▶ **ASSIGNED TASK**
Reproduce, from the lines below, exactly the stretch that begins at the line containing "stopped before now output (finish" and ends at the line containing "Opened-commit before (loud", both included.

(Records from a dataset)
>>>>
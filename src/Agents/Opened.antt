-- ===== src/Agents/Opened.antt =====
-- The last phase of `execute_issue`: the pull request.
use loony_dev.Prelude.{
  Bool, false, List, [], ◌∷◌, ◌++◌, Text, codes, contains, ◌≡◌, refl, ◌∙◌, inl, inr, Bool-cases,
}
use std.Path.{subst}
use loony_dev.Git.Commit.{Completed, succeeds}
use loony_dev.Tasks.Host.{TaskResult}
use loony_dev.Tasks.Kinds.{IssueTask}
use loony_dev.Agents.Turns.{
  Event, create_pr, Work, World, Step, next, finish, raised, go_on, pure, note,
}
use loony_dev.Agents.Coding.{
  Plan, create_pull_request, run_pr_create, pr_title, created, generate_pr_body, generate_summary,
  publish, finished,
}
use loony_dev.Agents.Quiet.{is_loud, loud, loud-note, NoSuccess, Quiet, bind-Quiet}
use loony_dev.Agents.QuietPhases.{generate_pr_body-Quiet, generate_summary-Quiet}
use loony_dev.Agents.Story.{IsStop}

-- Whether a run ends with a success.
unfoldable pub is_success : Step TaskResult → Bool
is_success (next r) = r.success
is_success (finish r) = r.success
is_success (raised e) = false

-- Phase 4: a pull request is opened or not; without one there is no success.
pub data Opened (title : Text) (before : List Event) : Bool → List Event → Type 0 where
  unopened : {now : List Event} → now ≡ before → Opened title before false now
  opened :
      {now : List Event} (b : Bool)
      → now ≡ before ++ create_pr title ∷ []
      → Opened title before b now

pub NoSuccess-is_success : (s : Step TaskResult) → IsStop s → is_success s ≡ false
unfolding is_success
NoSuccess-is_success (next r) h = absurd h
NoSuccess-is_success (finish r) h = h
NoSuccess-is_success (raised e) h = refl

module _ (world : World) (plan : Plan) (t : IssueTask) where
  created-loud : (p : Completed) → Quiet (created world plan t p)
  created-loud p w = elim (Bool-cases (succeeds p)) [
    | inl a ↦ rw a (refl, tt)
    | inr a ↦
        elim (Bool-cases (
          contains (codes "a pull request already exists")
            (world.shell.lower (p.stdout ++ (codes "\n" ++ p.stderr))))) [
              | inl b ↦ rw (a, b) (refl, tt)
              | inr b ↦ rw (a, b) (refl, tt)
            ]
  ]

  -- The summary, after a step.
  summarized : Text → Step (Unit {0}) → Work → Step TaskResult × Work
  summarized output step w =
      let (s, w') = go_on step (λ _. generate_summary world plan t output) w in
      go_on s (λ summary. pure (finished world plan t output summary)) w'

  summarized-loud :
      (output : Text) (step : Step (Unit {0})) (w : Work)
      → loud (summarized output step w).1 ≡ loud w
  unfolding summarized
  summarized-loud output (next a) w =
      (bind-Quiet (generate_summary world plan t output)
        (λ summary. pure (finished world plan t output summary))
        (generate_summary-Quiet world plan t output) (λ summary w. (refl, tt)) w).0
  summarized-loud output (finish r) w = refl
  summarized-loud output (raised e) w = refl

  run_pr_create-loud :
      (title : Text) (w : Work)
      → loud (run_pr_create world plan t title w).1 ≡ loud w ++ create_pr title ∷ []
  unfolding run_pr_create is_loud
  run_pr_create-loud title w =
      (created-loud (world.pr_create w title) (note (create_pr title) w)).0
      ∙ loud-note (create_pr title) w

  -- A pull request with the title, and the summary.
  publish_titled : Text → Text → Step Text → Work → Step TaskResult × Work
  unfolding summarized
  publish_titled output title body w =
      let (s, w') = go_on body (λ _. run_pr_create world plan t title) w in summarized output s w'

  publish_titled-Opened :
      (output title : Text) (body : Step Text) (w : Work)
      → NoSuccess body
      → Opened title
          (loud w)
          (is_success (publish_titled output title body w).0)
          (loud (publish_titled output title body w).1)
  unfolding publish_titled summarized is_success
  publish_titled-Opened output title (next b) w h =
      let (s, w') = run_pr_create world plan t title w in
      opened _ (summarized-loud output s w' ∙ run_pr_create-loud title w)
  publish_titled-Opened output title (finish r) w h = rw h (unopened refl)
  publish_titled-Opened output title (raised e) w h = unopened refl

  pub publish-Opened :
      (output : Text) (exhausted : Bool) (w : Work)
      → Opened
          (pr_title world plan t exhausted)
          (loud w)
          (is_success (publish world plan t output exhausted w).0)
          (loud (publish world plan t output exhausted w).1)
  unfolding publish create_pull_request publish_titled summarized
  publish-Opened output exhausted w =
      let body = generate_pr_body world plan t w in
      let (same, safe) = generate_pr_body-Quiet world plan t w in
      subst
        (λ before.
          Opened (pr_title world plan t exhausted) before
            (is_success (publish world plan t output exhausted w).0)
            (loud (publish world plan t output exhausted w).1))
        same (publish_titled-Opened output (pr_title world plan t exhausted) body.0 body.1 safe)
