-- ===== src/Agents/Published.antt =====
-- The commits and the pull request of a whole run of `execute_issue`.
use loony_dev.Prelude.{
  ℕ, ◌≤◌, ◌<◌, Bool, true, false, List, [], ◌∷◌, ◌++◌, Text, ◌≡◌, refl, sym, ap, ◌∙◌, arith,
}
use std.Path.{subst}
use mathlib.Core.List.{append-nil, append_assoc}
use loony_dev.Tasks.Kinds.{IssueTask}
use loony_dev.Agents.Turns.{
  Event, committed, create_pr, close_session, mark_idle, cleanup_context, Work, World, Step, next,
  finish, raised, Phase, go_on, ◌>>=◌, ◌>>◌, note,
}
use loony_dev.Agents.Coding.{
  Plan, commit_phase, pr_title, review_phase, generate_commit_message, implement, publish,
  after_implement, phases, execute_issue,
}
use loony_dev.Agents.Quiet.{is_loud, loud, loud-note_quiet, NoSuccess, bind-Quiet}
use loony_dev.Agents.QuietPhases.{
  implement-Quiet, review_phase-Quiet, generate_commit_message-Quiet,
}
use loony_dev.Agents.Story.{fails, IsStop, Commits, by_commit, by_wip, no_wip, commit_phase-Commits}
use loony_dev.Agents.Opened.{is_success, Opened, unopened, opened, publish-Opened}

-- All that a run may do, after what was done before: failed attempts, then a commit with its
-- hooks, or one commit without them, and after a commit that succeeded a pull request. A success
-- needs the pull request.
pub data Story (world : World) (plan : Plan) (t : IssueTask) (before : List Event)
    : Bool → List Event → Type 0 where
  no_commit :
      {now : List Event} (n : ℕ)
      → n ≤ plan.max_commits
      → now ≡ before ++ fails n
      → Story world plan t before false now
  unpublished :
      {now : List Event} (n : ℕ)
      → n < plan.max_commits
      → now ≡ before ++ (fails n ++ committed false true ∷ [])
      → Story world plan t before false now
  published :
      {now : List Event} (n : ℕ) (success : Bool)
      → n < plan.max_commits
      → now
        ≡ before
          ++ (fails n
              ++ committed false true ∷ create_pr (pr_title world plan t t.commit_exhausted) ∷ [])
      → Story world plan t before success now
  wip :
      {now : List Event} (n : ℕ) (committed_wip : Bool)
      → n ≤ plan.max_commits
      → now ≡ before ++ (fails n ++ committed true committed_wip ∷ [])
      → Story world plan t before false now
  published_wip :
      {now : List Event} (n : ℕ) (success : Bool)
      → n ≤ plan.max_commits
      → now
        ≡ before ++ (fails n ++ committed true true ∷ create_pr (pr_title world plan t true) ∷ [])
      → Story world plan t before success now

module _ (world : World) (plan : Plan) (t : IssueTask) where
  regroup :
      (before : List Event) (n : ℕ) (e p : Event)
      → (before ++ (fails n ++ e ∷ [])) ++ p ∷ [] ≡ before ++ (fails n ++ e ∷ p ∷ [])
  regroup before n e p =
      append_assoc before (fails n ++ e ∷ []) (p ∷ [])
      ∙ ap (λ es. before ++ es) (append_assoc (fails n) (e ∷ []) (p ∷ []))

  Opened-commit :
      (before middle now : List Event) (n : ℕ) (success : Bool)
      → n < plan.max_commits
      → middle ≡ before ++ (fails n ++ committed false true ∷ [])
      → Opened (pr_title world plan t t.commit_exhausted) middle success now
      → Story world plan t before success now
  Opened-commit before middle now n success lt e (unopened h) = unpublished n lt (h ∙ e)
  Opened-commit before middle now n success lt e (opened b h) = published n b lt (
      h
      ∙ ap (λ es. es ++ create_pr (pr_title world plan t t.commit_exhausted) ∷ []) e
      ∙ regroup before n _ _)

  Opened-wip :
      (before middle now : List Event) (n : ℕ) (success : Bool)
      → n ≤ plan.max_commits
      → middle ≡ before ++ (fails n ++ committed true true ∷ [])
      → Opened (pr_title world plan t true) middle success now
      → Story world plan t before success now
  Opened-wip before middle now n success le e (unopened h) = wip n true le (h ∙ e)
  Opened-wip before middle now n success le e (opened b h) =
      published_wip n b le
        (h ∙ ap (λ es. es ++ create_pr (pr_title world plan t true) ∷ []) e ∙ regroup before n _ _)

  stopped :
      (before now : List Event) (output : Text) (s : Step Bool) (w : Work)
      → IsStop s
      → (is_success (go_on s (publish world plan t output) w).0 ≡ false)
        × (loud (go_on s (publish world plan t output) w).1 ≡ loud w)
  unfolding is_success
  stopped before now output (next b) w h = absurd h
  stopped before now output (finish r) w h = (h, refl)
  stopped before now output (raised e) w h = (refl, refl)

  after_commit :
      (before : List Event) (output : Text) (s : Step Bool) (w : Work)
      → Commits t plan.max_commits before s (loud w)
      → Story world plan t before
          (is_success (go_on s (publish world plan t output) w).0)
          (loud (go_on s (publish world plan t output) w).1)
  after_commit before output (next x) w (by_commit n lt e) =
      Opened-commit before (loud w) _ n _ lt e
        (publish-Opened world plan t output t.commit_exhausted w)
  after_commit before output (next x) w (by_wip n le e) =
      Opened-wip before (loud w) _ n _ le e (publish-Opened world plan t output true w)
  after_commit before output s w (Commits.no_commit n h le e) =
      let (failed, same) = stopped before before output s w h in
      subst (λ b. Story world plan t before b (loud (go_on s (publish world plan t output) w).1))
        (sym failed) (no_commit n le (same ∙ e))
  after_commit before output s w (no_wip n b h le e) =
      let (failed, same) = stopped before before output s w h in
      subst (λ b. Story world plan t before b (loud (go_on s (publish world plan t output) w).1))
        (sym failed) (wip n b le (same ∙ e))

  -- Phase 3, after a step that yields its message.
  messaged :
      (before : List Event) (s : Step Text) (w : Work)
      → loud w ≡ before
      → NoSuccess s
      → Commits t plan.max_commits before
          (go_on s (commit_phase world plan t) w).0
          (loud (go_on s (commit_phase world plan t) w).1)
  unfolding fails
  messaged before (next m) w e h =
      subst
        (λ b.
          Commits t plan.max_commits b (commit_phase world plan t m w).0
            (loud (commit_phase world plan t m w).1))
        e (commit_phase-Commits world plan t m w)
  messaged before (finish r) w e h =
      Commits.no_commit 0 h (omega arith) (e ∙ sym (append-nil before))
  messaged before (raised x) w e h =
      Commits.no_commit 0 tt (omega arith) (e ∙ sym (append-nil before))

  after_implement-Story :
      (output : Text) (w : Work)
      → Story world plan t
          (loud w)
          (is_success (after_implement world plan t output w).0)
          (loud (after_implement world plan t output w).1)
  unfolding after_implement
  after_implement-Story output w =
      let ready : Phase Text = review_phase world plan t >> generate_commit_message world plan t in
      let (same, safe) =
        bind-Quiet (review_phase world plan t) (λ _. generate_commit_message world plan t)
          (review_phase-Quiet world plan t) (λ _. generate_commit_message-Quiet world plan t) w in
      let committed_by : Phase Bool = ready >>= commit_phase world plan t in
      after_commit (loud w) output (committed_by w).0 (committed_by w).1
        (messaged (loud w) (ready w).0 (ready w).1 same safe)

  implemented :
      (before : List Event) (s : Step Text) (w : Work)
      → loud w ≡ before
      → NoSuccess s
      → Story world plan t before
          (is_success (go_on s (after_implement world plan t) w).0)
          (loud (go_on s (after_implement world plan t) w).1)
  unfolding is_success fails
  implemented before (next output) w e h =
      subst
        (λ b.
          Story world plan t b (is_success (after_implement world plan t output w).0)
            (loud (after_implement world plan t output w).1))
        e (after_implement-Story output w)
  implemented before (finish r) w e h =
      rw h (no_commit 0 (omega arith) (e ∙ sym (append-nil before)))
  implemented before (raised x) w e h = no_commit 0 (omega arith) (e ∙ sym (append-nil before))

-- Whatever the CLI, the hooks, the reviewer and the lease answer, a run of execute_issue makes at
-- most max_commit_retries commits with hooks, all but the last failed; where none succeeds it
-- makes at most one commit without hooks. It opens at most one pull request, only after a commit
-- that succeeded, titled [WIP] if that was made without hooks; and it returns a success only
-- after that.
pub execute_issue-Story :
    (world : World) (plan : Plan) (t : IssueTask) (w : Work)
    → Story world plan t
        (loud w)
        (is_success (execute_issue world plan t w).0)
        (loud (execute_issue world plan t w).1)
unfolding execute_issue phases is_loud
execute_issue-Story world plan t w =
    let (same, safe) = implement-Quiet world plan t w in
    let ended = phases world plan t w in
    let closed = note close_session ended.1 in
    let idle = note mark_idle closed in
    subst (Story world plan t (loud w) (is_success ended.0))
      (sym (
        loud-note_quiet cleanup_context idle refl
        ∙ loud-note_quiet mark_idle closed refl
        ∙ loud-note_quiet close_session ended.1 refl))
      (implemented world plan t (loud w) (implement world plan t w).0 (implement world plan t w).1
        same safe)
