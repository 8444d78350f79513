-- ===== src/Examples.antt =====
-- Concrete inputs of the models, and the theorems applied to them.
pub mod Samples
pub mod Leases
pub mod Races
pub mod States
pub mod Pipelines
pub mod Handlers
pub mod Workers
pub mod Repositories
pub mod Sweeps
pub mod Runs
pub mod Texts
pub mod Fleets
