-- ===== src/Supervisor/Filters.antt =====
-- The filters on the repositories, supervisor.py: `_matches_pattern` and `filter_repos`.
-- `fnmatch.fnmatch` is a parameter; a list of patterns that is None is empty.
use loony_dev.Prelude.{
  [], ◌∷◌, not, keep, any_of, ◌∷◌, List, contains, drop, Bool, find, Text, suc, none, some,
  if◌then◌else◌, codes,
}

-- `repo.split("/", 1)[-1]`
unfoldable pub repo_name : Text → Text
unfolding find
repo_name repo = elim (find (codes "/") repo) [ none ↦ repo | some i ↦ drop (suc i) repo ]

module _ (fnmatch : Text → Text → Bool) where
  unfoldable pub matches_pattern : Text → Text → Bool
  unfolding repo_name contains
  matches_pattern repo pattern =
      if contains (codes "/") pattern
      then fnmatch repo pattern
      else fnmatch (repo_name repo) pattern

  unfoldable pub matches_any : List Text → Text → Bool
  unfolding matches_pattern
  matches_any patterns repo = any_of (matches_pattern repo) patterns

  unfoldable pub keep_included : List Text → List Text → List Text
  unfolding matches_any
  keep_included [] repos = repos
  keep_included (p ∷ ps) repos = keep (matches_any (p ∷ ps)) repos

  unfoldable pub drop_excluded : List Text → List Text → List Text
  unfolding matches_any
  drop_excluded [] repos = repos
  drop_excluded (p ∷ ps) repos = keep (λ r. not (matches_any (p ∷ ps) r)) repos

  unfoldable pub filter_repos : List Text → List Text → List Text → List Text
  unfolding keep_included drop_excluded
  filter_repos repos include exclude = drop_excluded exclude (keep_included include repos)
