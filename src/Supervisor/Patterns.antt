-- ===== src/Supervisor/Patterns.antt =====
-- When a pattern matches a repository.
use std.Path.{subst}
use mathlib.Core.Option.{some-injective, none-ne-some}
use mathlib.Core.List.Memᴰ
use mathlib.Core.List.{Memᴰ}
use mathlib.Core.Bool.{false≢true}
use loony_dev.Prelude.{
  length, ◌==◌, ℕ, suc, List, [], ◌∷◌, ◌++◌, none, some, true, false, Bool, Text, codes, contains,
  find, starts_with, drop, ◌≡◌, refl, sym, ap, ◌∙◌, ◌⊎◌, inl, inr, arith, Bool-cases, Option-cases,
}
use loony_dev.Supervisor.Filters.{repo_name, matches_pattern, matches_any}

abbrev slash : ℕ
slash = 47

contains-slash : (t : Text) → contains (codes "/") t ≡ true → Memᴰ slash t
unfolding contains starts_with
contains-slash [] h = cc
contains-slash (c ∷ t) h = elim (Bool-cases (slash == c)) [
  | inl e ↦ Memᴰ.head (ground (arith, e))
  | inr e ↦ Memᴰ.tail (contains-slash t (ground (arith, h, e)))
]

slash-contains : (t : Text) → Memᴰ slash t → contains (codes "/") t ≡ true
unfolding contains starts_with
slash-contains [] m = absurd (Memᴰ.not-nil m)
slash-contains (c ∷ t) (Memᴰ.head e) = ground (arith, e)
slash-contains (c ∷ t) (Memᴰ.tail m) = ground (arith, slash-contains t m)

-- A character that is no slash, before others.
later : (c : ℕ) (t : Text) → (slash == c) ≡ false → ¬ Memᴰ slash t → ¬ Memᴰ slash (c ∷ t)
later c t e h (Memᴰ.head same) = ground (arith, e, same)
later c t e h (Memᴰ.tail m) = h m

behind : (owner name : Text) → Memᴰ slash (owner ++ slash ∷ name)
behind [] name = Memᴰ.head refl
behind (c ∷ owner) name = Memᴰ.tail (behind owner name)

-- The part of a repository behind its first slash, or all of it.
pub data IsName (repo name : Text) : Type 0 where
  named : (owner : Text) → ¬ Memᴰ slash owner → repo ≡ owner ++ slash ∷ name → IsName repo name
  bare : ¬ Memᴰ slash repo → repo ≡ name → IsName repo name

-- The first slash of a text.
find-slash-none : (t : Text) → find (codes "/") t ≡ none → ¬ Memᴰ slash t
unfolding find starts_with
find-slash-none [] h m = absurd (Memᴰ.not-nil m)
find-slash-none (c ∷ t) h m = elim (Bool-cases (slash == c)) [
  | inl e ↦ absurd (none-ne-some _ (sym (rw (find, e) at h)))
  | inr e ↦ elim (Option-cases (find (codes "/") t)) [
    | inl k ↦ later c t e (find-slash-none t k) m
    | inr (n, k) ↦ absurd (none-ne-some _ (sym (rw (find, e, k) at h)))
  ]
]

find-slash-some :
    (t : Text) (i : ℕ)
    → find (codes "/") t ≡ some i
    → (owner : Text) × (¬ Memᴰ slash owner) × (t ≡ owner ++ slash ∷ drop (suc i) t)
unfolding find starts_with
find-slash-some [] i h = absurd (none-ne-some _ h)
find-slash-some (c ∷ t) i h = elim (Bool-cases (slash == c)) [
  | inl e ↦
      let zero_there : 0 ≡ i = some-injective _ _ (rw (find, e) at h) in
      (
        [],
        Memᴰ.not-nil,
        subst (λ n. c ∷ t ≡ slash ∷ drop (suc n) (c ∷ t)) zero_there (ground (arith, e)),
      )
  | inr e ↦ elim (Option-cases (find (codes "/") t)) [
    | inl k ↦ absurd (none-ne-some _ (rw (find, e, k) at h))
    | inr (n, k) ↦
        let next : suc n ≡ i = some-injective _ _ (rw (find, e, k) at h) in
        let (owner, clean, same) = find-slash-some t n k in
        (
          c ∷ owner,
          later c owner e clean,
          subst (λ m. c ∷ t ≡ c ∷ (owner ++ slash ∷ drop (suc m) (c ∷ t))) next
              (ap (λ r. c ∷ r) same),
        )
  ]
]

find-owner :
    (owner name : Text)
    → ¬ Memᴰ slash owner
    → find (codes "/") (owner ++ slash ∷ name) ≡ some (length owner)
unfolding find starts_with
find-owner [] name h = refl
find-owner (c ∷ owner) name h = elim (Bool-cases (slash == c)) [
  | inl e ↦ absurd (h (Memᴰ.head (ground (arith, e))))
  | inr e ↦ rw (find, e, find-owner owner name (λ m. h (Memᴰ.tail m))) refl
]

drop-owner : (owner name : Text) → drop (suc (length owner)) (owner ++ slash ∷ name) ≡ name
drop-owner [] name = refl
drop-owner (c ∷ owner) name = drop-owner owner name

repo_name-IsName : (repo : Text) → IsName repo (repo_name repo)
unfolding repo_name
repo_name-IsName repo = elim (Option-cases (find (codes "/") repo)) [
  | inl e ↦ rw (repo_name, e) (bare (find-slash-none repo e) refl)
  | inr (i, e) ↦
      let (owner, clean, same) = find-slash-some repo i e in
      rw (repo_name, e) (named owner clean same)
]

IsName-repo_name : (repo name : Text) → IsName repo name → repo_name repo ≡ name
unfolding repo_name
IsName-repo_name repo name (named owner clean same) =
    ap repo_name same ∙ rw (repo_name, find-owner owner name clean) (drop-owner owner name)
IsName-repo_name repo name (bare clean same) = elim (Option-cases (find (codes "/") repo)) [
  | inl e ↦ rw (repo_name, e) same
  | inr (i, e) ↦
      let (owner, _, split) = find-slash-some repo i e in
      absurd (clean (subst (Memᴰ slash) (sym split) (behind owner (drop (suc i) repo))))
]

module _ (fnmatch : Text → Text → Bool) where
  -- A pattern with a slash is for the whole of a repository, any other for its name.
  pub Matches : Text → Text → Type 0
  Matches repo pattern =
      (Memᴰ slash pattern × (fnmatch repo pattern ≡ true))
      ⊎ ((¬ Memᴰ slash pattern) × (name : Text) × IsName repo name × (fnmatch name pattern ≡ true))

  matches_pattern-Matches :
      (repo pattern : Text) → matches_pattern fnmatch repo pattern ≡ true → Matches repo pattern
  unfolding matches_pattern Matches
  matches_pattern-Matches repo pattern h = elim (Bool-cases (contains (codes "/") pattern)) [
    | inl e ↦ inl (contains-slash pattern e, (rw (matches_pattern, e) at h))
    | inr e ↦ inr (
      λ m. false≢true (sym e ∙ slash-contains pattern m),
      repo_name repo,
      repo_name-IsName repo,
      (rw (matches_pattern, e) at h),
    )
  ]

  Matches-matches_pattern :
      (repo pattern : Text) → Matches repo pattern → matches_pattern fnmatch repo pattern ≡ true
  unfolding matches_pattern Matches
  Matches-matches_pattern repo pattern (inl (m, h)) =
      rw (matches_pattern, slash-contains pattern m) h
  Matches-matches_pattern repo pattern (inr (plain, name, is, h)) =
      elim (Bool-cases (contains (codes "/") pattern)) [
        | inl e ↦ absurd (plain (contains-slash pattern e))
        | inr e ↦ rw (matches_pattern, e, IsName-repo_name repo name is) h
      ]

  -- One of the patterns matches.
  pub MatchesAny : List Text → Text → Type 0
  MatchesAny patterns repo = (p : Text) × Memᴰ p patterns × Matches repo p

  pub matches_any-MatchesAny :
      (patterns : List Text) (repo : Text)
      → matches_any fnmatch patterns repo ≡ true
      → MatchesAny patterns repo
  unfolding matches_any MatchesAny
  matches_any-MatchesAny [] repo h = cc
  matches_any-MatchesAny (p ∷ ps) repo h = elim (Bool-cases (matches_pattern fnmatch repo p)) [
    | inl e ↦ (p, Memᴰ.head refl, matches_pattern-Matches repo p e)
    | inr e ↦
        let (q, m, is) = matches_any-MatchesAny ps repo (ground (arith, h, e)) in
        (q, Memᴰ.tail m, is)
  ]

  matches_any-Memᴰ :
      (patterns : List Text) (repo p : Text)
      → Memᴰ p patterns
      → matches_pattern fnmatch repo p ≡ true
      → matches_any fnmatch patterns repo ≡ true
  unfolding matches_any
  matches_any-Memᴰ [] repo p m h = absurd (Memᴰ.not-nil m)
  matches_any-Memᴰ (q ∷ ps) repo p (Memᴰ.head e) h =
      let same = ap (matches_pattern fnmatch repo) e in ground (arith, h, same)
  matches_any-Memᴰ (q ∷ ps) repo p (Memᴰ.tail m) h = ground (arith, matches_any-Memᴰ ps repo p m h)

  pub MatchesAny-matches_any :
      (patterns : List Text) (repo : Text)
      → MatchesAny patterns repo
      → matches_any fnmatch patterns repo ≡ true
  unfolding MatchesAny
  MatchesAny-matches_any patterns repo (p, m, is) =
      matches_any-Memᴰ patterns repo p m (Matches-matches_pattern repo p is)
<<<<
▶ **RESPONSE AREA**
  stopped before now output (finish r) w h = (h, refl)
  stopped before now output (raised e) w h = (refl, refl)

  after_commit :
      (before : List Event) (output : Text) (s : Step Bool) (w : Work)
      → Commits t plan.max_commits before s (loud w)
      → Story world plan t before
          (is_success (go_on s (publish world plan t output) w).0)
          (loud (go_on s (publish world plan t output) w).1)
  after_commit before output (next x) w (by_commit n lt e) =
      Opened-commit before (loud w) _ n _ lt e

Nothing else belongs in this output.